В книге мы рассмотрим подробнее каждый из этих четырех пунктов, которые являются ключевыми для создания атмосферы эмоциональной безопасности в школе. Также в процессе чтения вы будете встречать ремарки, отсылающие к Руководству «От и до». Руководство размещено на сайте, но оно представляет собой важную часть этой книги, потому что предлагает идеи для практической реализации в классе многих концепций, описанных нами. В конце книги размещен раздел «Особые указания». Он предлагает родителям, школьным советникам, директорам, домашним воспитателям и учителям поделиться своими открытиями о развитии детей с другими, а также помочь лично вам с решением конкретных задач. Вы можете обращаться к этому разделу по ходу чтения.
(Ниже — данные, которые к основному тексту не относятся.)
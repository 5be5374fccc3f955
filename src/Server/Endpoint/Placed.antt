-- ===== src/Server/Endpoint/Placed.antt =====
-- A client whose file is some writer of the server: the calls and the thread act on that writer.
use torrxfer.Base.{
  ℕ, ◌<◌, ◌≡◌, refl, true, none, some, arith, length, get_elem?, get_elem?-set_self, length-set,
}
use torrxfer.Text.{Bytes}
use torrxfer.Platform.{Platform}
use torrxfer.Database.{Database}
use torrxfer.Server.Writer.{Machine, writer_step, transfer_to, close_pipe}
use torrxfer.Server.Writer.Schedule.{transfer, close, handle, handle-transfer, handle-close}
use torrxfer.Server.State.{Server, is_file_active, transfer_function, close_client, thread_step}

module _ (w : Platform) (d : Database) where
  open w use {Time}

  -- The client's file is the writer `i`, and `m` is what that writer works on.
  pub record IsAt (c : Bytes) (i : ℕ) (m : Machine w d) (s : Server w d) : Type 0 where
    pub active : is_file_active w d s c ≡ some i
    pub in_range : i < length s.writers
    pub writer : get_elem? s.writers i ≡ some m.writer
    pub disk : s.disk ≡ m.disk
    pub db : s.db ≡ m.db

  pub thread_step-IsAt :
      (c : Bytes) (i : ℕ) (m : Machine w d) (s : Server w d) (now : Time)
      → IsAt c i m s
      → IsAt c i (writer_step w d m now) (thread_step w d s i now)
  unfolding thread_step is_file_active
  thread_step-IsAt c i m s now v =
      rw (v.writer, v.disk, v.db)
        (record {
          active = v.active;
          in_range =
              omega (arith, length-set s.writers i (writer_step w d m now).writer, v.in_range);
          writer = get_elem?-set_self s.writers i (writer_step w d m now).writer v.in_range;
          disk = refl;
          db = refl;
        })

  pub transfer_function-IsAt :
      (c : Bytes) (i : ℕ) (m : Machine w d) (s : Server w d) (b : Bytes) (o : ℕ)
      → IsAt c i m s
      → m.writer.pending ≡ none
      → ((transfer_function w d s c b o).1 ≡ true)
        × IsAt c i (handle w d m (transfer b o)) (transfer_function w d s c b o).0
  unfolding transfer_function is_file_active
  transfer_function-IsAt c i m s b o v p =
      rw (handle-transfer w d m b o p, v.active, v.writer)
        (
          refl,
          record {
            active = v.active;
            in_range = omega (arith, length-set s.writers i (transfer_to m.writer b o), v.in_range);
            writer = get_elem?-set_self s.writers i (transfer_to m.writer b o) v.in_range;
            disk = v.disk;
            db = v.db;
          },
        )

  pub close_client-IsAt :
      (c : Bytes) (i : ℕ) (m : Machine w d) (s : Server w d)
      → IsAt c i m s
      → m.writer.pending ≡ none
      → IsAt c i (handle w d m close) (close_client w d s c)
  unfolding close_client is_file_active
  close_client-IsAt c i m s v p =
      rw (handle-close w d m p, v.active, v.writer)
        (record {
          active = v.active;
          in_range = omega (arith, length-set s.writers i (close_pipe m.writer), v.in_range);
          writer = get_elem?-set_self s.writers i (close_pipe m.writer) v.in_range;
          disk = v.disk;
          db = v.db;
        })

  -- The other threads do nothing but that the writer `i` takes a step, or two where it has to wake
  -- up first.
  abbrev pub once : ℕ → Time → Server w d → Server w d
  once i now s = thread_step w d s i now

  abbrev pub twice : ℕ → Time → Server w d → Server w d
  twice i now s = thread_step w d (thread_step w d s i now) i now
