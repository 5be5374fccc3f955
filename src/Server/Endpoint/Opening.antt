-- ===== src/Server/Endpoint/Opening.antt =====
-- pkg/server/server.go: the query that starts a writer, and the writer until it waits.
use mathlib.Core.Path.{subst}
use torrxfer.Base.{
  ◌≡◌, inl, inr, refl, ap, false, [], ◌∷◌, Option, none, some, arith, length, length-append, lookup,
  insert, erase, lookup-insert, lookup-erase, eq_bytes_refl, get_elem?-length, Option-cases,
}
use torrxfer.Disk.Directories.{mkdir_all-elsewhere, mkdir_all-refuses, parents-IsNone}
use torrxfer.Text.{Bytes}
use torrxfer.Platform.{Platform}
use torrxfer.Database.{Database}
use torrxfer.Disk.{
  Disk, Call, stat_call, remove_call, mkdir_call, mkdir_all, open_call, Entry, regular, directory,
  os_stat, os_remove, open_file,
}
use torrxfer.FilePath.{dir}
use torrxfer.Net.File.{Outcome, done, exits, WireFile, get_data_hash}
use torrxfer.Server.File.{File, marshal_text}
use torrxfer.Server.Writer.{Machine, ready, waiting, writer_step}
use torrxfer.Server.Writer.Delivery.{IsWaiting}
use torrxfer.Server.State.{Server, new_writer, set_active_file, is_file_active, thread_steps}
use torrxfer.Server.Query.{query_function, path_of, remove_old, new_record, Reply, reply, start_new}
use torrxfer.Server.Endpoint.Placed.{IsAt, thread_step-IsAt, twice}

module _ (w : Platform) (d : Database) where
  open w use {Time}

  -- The disk refuses nothing.
  abbrev pub IsWilling : Disk Time → Type 0
  IsWilling disk = (call : Call) (p : Bytes) → disk.refuses call p ≡ false

  pub mkdir_all-IsWilling :
      (disk : Disk Time) (path : Bytes) (now : Time)
      → IsWilling disk
      → IsWilling (mkdir_all disk path now)
  mkdir_all-IsWilling disk path now willing call p =
      rw (mkdir_all-refuses disk path now) (willing call p)

  -- The disk without an old file at the path.
  pub remove_old-clears :
      (disk : Disk Time) (path : Bytes)
      → IsWilling disk
      → (disk' : Disk Time) × (remove_old w d disk path (os_stat disk path) ≡ some disk')
        × (lookup path disk'.entries ≡ none)
        × IsWilling disk'
  unfolding os_stat os_remove
  remove_old-clears disk path willing = elim (Option-cases (lookup path disk.entries)) [
    | inl e ↦ (disk, rw (willing _ path, e) refl, e, willing)
    | inr (r, e) ↦ (
      record disk { entries = erase path disk.entries },
      cleared r e,
      rw (lookup-erase path path disk.entries, eq_bytes_refl path) refl,
      willing,
    )
  ]
    where
      cleared :
          (r : Entry Time)
          → lookup path disk.entries ≡ some r
          → remove_old w d disk path (os_stat disk path)
            ≡ some (record disk { entries = erase path disk.entries })
      cleared (regular b t) e = rw (willing stat_call path, e, willing remove_call path, e) refl
      cleared (directory n t) e = rw (willing stat_call path, e, willing remove_call path, e) refl

  -- A new writer, its disk and its database; and the same when its thread waits.
  abbrev pub new_machine : Disk Time → d.State → File Time → Bytes → Machine w d
  new_machine disk db f key = record { writer = new_writer f key; disk = disk; db = db }

  abbrev pub waiting_machine : Disk Time → d.State → File Time → Bytes → Time → Machine w d
  waiting_machine disk db f key now = record {
    writer = record (new_writer f key) { phase = waiting };
    disk = record (mkdir_all disk f.full_path now) {
      entries = insert f.full_path (regular [] now) (mkdir_all disk f.full_path now).entries;
    };
    db = db;
  }

  -- A new writer's thread makes the directories, opens the file, and waits.
  pub new_machine-waiting_machine :
      (disk : Disk Time) (db : d.State) (f : File Time) (key : Bytes) (now : Time)
      → IsWilling disk
      → lookup f.full_path disk.entries ≡ none
      → writer_step w d (writer_step w d (new_machine disk db f key) now) now
        ≡ waiting_machine disk db f key now
  unfolding writer_step open_file
  new_machine-waiting_machine disk db f key now willing e = ap (λ m. writer_step w d m now) opened
    where
      opened :
          writer_step w d (new_machine disk db f key) now
          ≡ record (waiting_machine disk db f key now) {
            writer = record (new_writer f key) { phase = ready };
          }
      opened =
          rw
            (
              willing mkdir_call (dir f.full_path),
              mkdir_all-IsWilling disk f.full_path now willing open_call f.full_path,
              mkdir_all-elsewhere disk f.full_path f.full_path now (parents-IsNone f.full_path),
              e,
            )
            refl

  pub waiting_machine-IsWaiting :
      (disk : Disk Time) (db : d.State) (f : File Time) (key : Bytes) (now : Time)
      → IsWaiting w d [] now (waiting_machine disk db f key now)
  waiting_machine-IsWaiting disk db f key now = record {
    phase = refl;
    once_done = refl;
    pending = refl;
    closed = refl;
    done_sent = refl;
    present =
        rw
          (
            lookup-insert f.full_path f.full_path (regular [] now)
                (mkdir_all disk f.full_path now).entries,
            eq_bytes_refl f.full_path,
          )
          refl;
  }

  pub set_active_file-IsAt :
      (s : Server w d) (c key : Bytes) (f : File Time)
      → IsAt w d c
          (length s.writers)
          (record { writer = new_writer f key; disk = s.disk; db = s.db })
          (set_active_file w d s c key f)
  unfolding set_active_file is_file_active
  set_active_file-IsAt s c key f = record {
    active = rw (lookup-insert c c (length s.writers) s.active_files, eq_bytes_refl c) refl;
    in_range = ground (arith, length-append {0} s.writers (new_writer f key ∷ []));
    writer = get_elem?-length s.writers (new_writer f key);
    disk = refl;
    db = refl;
  }

  replied :
      (t s' : Server w d) (r : WireFile) (o : Outcome WireFile)
      → reply w d t o ≡ done (s', some r)
      → s' ≡ t
  replied t s' r exits h = absurd (ground arith)
  replied t s' r (done x) h =
      let h' : ◌≡◌ {A = Reply w d} (done (t, some x)) (done (s', some r)) = h in ground arith

  -- The server after a query for an unknown file, before the file's thread has taken a step.
  start_new-started :
      (s s' : Server w d) (c : Bytes) (file r : WireFile) (f : File Time) (now : Time)
      (text : Option Bytes)
      → start_new w d s c file f 0 now text ≡ done (s', some r)
      → (db : d.State) × (s' ≡ set_active_file w d (record s { db = db }) c (get_data_hash file) f)
  unfolding thread_steps
  start_new-started s s' c file r f now none h = absurd (ground arith)
  start_new-started s s' c file r f now (some text) h =
      ((d.put s.db (get_data_hash file) text).0, replied _ s' r _ h)

  pub query_function-started :
      (s s' : Server w d) (c : Bytes) (file r : WireFile) (created modified : Time)
      → d.has s.db (get_data_hash file) ≡ false
      → IsWilling s.disk
      → query_function w d s c file created modified 0 ≡ done (s', some r)
      → (disk : Disk Time) × (db : d.State) × (lookup (path_of w d s file) disk.entries ≡ none)
        × IsWilling disk
        × (s'
            ≡ set_active_file w d
                (record s { disk = disk; db = db })
                c
                (get_data_hash file)
                (new_record w d s file created modified))
  unfolding query_function
  query_function-started s s' c file r created modified new willing h =
      let (disk, removed, gone, willing') = remove_old-clears s.disk (path_of w d s file) willing in
      let (db, e) =
        start_new-started (record s { disk = disk }) s' c file r
          (new_record w d s file created modified) modified
          (marshal_text w (new_record w d s file created modified)) (rw (new, removed) at h) in
      (disk, db, gone, willing', e)

  -- The writer that a query has started waits once its thread has taken two steps.
  pub query_function-IsAt :
      (s s' : Server w d) (c : Bytes) (file r : WireFile) (created modified opened : Time)
      → d.has s.db (get_data_hash file) ≡ false
      → IsWilling s.disk
      → query_function w d s c file created modified 0 ≡ done (s', some r)
      → (disk : Disk Time) × (db : d.State) × IsWilling disk
        × IsAt w d c
            (length s.writers)
            (waiting_machine disk db
              (new_record w d s file created modified)
              (get_data_hash file)
              opened)
            (twice w d (length s.writers) opened s')
  query_function-IsAt s s' c file r created modified opened new willing h =
      let (disk, db, gone, willing', e) =
        query_function-started s s' c file r created modified new willing h in
      let f = new_record w d s file created modified in
      let t = record s { disk = disk; db = db } in
      let at = set_active_file-IsAt t c (get_data_hash file) f in
      let at1 = thread_step-IsAt w d c (length s.writers) _ _ opened at in
      let at2 = thread_step-IsAt w d c (length s.writers) _ _ opened at1 in
      (
        disk,
        db,
        willing',
        rw e (
            subst
              (λ m. IsAt w d c (length s.writers) m (
                twice w d (length s.writers) opened
                  (set_active_file w d t c (get_data_hash file) f)))
              (new_machine-waiting_machine disk db f (get_data_hash file) opened willing' gone)
              at2),
      )
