-- ===== src/Server/Endpoint/Again.antt =====
-- A query for a file that the server has all of.
use torrxfer.Base.{ℕ, ◌≡◌, refl, true, false, none, some, lookup, length, eq_bytes_refl, ◌%◌, ◌^◌}
use torrxfer.Text.{Bytes}
use torrxfer.Platform.{Platform}
use torrxfer.Database.{Database}
use torrxfer.Disk.{Disk, stat_call, open_call, read_call, found, regular, os_stat, read_file}
use torrxfer.Net.File.{done, WireFile, get_data_hash, describe, new_file, set_media_path}
use torrxfer.Server.File.{File, unmarshal_text, generate_rpc_file}
use torrxfer.Server.State.{Server}
use torrxfer.Server.Query.{query_function, path_of, blank, found_record}
use torrxfer.Server.Endpoint.Opening.{IsWilling}

module _ (w : Platform) (d : Database) where
  open w use {Time, sha256}

  module _ (disk : Disk Time) (path content : Bytes) (stamp : Time) (willing : IsWilling w d disk)
      (present : lookup path disk.entries ≡ some (regular content stamp)) where
    pub os_stat-regular : os_stat disk path ≡ found (length content) stamp false
    unfolding os_stat
    os_stat-regular = rw (willing stat_call path, present) refl

    pub read_file-regular : read_file disk path ≡ some content
    unfolding read_file
    read_file-regular = rw (willing open_call path, willing read_call path, present) refl

    pub new_file-regular :
        (f : WireFile) × (new_file w disk path ≡ done f)
        × (f.data_hash ≡ sha256 content)
        × (f.size ≡ length content % 2 ^ 64)
    unfolding new_file
    new_file-regular = (
      describe w path (sha256 content) stamp (length content % 2 ^ 64),
      rw (os_stat-regular, read_file-regular) refl,
      refl,
      refl,
    )

  pub generate_rpc_file-regular :
      (disk : Disk Time) (f : File Time) (content : Bytes) (stamp : Time)
      → IsWilling w d disk
      → lookup f.full_path disk.entries ≡ some (regular content stamp)
      → (r : WireFile) × (generate_rpc_file w disk f ≡ done r) × (r.data_hash ≡ sha256 content)
  unfolding generate_rpc_file set_media_path
  generate_rpc_file-regular disk f content stamp willing present =
      let (r, e, h, n) = new_file-regular disk f.full_path content stamp willing present in
      (record r { media_directory = f.media_prefix }, rw e refl, h)

  -- A server that has a readable record of the hash that is asked for, and the file with content of
  -- that hash, replies with that hash and is not changed: no writer is started.
  pub query_function-stored :
      (s : Server w d) (c : Bytes) (file : WireFile) (content text : Bytes)
      (stamp created modified : Time) (head_start : ℕ)
      → d.has s.db (get_data_hash file) ≡ true
      → d.get s.db (get_data_hash file) ≡ some text
      → (unmarshal_text w (blank w d) text).1 ≡ none
      → IsWilling w d s.disk
      → lookup (path_of w d s file) s.disk.entries ≡ some (regular content stamp)
      → sha256 content ≡ get_data_hash file
      → (r : WireFile) × (query_function w d s c file created modified head_start
          ≡ done (s, some r))
        × (get_data_hash r ≡ get_data_hash file)
  unfolding query_function get_data_hash
  query_function-stored s c file content text stamp created modified head_start has got readable
        willing present same =
      let f = found_record w d s file (os_stat s.disk (path_of w d s file)) in
      let (r, e, h) = generate_rpc_file-regular s.disk f content stamp willing present in
      (r, rw (has, got, readable, e, h, same, eq_bytes_refl file.data_hash) refl, rw h same)
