-- ===== src/DockerCleanup/Kept.antt =====
-- What docker_cleanup.py offers for removal: `get_images_to_cleanup` against the listing, the
-- allowlist and the images in use.
use public_endorsement_servi.Base.{
  ◌≡◌, refl, ◌↔◌, true, false, Option, List, [], ◌∷◌, arith, In, Text, contains, Outcome, Completed,
  ok, In-filter_by, not,
}
use public_endorsement_servi.Base.Integers.{ℤ}
use public_endorsement_servi.Base.Json.{Json}
use public_endorsement_servi.DockerBuild.Config.{Values, get_image_prefix}
use public_endorsement_servi.DockerCleanup.Names.{is_allowed, filter_allowed_images}
use public_endorsement_servi.DockerCleanup.Candidates.{
  get_ignored_images, get_images, not_ignored, from_allowed, get_images_to_cleanup,
}

In-not_ignored :
    (ignored : List Text) (img : Text) (images : List Text)
    → In img (not_ignored ignored images) ↔ (In img images × (contains ignored img ≡ false))
unfolding not_ignored
In-not_ignored ignored img images =
    let both = In-filter_by (λ i. not (contains ignored i)) img images in
    (λ h. let (m, n) = both.0 h in (m, ground (arith, n)), λ (m, n). both.1 (m, rw (n) refl))

from_allowed-In :
    (tags allowed : List Text)
    → (images : List Text) × (from_allowed (ok tags) allowed ≡ ok images)
      × ((img : Text) → In img images ↔ (In img allowed × (contains tags img ≡ false)))
unfolding from_allowed get_ignored_images
from_allowed-In tags [] = ([], refl, λ img. (λ h. absurd h, λ h. absurd h.0))
from_allowed-In tags (a ∷ allowed) =
    (not_ignored tags (a ∷ allowed), refl, λ img. In-not_ignored tags img (a ∷ allowed))

-- Where the image prefix can be read and the tags in use are `tags`, the candidates for removal are
-- the listed images under that prefix whose name is on the allowlist, without those in use.
pub get_images_to_cleanup_iff :
    (run : List Text → Completed) (config : Option (Outcome Json)) (vals : Values) (prefix : Text)
    (tags : List Text) (hours : ℤ)
    → get_image_prefix vals config ≡ ok prefix
    → (images : List Text) × (get_images_to_cleanup run config vals (ok tags) hours ≡ ok images)
      × ((img : Text)
          → In img images ↔ (
              In img (get_images run prefix hours)
              × (is_allowed img ≡ true)
              × (contains tags img ≡ false)))
unfolding get_images_to_cleanup filter_allowed_images
get_images_to_cleanup_iff run config vals prefix tags hours h =
    let listed = get_images run prefix hours in
    let (images, e, member) = from_allowed-In tags (filter_allowed_images listed) in
    (
      images,
      rw (h, e) refl,
      λ img. (
        λ i.
            let (m, n) = (member img).0 i in
            let (l, a) = (In-filter_by is_allowed img listed).0 m in (l, a, n),
        λ (l, a, n). (member img).1 ((In-filter_by is_allowed img listed).1 (l, a), n),
      ),
    )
В скором времени мы выясним, что означает «не упускать своих школьников». Это поможет не только пережить очередной школьный день, но также получить все дары, ожидающие и учителей, и учеников, которые смогут пройти этот непростой путь.
Часть вторая
Стать лидером, который нужен школьникам
Для наших учеников значение имеет не столько то, что мы делаем, сколько то, кто мы по отношению к ним.
Гордон НьюфелдГлава 3
Наш тип лидерства играет роль
Вы когда-нибудь задумывались о том, как некоторым учителям удается добиться того, что ученики делают все, о чем их просят? Им не приходится умолять, подкупать или наказывать. Они умеют уговорить даже самого упрямого ребенка. Кажется, эти учителя интуитивно знают способы заставить уважать себя и внимательно слушать. В нашей культуре такие «мэтры» часто признаются выдающимися, о них снимают кино, как, например, о герое Робина Уильямса из фильма «Общество мертвых поэтов». Мы любим реальные истории о великих педагогах, например о Клемане Матьё, который работал с проблемными юношами в «Хористах», или об Эрине Грюэлле в «Писателях свободы».